# WHAT YOU WILL DO
Locate, in the data below, the line that contains "-- ===== src/Backup/Cache/Reader.antt" and the line that contains "in_cache : Text → Text → CachedReader R"; reproduce exactly those two lines and every line between them, nothing more.

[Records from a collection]
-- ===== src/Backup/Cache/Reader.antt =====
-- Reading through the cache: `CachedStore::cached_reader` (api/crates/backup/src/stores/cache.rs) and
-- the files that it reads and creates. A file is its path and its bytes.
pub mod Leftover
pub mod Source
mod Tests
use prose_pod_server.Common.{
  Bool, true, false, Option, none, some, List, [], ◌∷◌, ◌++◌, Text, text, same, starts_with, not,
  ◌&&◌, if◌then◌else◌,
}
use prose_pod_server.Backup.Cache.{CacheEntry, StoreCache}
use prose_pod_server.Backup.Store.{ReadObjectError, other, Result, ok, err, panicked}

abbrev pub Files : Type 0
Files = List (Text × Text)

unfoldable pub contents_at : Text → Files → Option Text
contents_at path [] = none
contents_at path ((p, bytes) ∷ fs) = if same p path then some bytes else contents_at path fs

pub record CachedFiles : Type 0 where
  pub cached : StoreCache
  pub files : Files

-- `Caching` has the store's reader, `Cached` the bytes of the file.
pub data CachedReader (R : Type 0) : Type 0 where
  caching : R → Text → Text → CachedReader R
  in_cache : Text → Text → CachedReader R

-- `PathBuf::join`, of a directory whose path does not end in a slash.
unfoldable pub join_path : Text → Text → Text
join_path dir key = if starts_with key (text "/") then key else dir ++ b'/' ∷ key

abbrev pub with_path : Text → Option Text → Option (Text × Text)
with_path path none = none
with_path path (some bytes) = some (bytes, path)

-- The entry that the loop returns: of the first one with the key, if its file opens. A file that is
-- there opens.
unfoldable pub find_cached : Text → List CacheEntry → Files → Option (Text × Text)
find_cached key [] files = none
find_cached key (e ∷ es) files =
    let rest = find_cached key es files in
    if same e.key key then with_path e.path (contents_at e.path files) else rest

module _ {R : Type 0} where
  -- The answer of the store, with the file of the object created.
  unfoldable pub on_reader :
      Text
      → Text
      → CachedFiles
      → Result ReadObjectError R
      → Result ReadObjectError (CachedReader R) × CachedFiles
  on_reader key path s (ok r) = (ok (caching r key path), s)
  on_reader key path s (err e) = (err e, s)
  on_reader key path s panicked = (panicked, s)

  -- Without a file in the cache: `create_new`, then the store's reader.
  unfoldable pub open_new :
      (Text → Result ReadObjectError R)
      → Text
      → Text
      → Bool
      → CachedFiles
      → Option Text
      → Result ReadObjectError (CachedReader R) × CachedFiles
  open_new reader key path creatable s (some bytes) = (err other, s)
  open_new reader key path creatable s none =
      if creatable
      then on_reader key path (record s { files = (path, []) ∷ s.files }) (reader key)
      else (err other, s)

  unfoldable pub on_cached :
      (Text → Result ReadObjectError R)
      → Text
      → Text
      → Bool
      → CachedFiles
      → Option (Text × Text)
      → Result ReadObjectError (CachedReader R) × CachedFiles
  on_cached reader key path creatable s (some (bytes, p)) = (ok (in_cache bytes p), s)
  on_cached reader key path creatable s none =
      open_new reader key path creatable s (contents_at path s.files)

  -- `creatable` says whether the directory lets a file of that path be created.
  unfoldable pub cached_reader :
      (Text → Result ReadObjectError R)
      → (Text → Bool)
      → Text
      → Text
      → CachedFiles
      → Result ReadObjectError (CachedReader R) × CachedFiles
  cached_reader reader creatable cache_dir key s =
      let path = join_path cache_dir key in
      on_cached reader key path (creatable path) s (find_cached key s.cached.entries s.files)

...

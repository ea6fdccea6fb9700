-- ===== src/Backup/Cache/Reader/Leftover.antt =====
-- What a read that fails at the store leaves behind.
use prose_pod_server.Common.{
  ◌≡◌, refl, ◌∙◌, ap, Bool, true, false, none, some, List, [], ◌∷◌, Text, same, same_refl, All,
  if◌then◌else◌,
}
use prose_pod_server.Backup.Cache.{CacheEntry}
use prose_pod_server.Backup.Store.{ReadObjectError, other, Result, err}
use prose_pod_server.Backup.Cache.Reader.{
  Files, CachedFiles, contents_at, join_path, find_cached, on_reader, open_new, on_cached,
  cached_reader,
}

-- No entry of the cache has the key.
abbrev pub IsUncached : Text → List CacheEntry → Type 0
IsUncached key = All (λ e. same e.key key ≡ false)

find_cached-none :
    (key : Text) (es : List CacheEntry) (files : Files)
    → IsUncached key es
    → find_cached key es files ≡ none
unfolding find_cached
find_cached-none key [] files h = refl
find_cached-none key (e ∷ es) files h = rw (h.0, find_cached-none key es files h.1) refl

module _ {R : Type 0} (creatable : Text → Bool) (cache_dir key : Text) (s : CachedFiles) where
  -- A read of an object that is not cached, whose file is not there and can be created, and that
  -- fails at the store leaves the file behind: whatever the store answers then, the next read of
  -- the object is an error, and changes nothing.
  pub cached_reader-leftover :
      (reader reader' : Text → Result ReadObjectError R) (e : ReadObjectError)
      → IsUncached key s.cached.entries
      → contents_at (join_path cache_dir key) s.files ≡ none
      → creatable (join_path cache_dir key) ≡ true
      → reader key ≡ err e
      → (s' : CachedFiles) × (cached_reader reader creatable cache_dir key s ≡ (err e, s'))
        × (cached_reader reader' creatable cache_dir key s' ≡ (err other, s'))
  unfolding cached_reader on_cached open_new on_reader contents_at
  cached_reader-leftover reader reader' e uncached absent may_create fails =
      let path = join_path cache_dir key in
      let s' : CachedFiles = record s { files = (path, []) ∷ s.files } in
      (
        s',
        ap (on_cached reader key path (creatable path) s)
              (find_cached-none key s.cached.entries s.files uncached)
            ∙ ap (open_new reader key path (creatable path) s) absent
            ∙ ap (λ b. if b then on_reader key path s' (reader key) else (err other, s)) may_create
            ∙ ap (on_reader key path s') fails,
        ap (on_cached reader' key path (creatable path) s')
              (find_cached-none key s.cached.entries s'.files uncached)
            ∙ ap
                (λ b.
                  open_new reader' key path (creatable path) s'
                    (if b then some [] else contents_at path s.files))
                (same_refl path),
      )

---

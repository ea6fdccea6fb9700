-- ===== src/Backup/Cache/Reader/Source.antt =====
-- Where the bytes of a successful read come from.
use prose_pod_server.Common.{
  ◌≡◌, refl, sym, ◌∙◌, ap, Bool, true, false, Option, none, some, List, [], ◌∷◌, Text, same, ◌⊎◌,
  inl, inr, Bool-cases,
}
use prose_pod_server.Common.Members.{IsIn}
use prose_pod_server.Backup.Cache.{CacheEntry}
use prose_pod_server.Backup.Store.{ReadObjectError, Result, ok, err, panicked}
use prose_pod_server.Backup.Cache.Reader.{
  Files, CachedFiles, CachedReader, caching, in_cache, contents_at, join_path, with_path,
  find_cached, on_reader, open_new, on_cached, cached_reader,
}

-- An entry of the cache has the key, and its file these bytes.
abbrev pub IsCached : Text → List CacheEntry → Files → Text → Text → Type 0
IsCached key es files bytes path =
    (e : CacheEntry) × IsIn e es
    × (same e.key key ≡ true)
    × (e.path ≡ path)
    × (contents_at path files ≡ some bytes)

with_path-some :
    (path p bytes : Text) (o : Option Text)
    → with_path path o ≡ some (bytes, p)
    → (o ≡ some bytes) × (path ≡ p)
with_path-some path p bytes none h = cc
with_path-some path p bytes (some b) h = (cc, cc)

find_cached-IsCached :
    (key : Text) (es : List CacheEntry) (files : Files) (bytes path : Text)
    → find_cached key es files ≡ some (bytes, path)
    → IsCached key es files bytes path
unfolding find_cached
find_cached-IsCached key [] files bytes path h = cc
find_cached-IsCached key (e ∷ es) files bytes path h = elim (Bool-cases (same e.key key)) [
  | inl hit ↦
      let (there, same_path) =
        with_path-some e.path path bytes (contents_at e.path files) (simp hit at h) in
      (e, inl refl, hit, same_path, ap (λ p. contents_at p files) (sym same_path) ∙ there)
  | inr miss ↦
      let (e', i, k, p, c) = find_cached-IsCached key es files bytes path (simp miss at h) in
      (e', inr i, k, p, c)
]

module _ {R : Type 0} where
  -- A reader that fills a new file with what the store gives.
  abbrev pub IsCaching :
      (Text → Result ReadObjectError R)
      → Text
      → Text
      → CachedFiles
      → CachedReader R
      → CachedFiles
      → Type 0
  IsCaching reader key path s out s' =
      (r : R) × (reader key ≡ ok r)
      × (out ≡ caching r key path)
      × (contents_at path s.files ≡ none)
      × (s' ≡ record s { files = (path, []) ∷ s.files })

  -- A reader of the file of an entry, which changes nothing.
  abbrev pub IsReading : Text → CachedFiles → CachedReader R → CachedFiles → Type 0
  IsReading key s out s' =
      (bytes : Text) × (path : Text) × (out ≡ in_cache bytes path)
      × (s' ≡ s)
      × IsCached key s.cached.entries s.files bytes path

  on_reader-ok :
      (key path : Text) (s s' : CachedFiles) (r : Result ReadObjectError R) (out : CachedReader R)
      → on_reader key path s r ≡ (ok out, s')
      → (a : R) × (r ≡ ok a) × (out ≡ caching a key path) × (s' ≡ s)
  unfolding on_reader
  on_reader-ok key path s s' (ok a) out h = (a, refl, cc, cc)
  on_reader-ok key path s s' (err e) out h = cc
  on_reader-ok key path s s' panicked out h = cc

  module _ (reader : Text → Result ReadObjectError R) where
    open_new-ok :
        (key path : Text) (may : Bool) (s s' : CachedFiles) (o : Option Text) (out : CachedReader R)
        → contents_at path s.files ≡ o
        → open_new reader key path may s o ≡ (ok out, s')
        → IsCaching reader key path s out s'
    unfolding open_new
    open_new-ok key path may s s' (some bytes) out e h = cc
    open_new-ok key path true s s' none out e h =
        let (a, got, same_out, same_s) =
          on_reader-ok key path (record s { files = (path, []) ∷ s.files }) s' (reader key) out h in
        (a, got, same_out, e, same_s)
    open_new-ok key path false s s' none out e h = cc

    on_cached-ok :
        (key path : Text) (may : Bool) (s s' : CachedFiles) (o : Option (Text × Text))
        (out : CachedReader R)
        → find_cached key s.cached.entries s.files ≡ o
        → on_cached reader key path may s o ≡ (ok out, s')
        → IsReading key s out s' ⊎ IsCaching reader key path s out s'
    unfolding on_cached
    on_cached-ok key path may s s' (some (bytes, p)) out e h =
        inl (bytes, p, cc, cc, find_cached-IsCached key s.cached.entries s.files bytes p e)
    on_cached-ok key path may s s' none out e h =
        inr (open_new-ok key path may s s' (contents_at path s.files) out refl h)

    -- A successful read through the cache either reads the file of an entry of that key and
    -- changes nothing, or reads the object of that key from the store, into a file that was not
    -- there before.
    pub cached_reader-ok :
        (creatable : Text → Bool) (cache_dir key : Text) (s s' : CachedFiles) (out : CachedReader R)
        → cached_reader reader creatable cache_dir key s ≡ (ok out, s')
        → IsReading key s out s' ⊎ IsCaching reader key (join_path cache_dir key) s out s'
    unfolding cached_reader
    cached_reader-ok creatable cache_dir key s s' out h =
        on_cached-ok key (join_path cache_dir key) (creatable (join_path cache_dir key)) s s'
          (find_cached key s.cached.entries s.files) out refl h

# SOLUTION BELOW
-- ===== src/Backup/Cache/Reader.antt =====
-- Reading through the cache: `CachedStore::cached_reader` (api/crates/backup/src/stores/cache.rs) and
-- the files that it reads and creates. A file is its path and its bytes.
pub mod Leftover
pub mod Source
mod Tests
use prose_pod_server.Common.{
  Bool, true, false, Option, none, some, List, [], ◌∷◌, ◌++◌, Text, text, same, starts_with, not,
  ◌&&◌, if◌then◌else◌,
}
use prose_pod_server.Backup.Cache.{CacheEntry, StoreCache}
use prose_pod_server.Backup.Store.{ReadObjectError, other, Result, ok, err, panicked}

abbrev pub Files : Type 0
Files = List (Text × Text)

unfoldable pub contents_at : Text → Files → Option Text
contents_at path [] = none
contents_at path ((p, bytes) ∷ fs) = if same p path then some bytes else contents_at path fs

pub record CachedFiles : Type 0 where
  pub cached : StoreCache
  pub files : Files

-- `Caching` has the store's reader, `Cached` the bytes of the file.
pub data CachedReader (R : Type 0) : Type 0 where
  caching : R → Text → Text → CachedReader R
  in_cache : Text → Text → CachedReader R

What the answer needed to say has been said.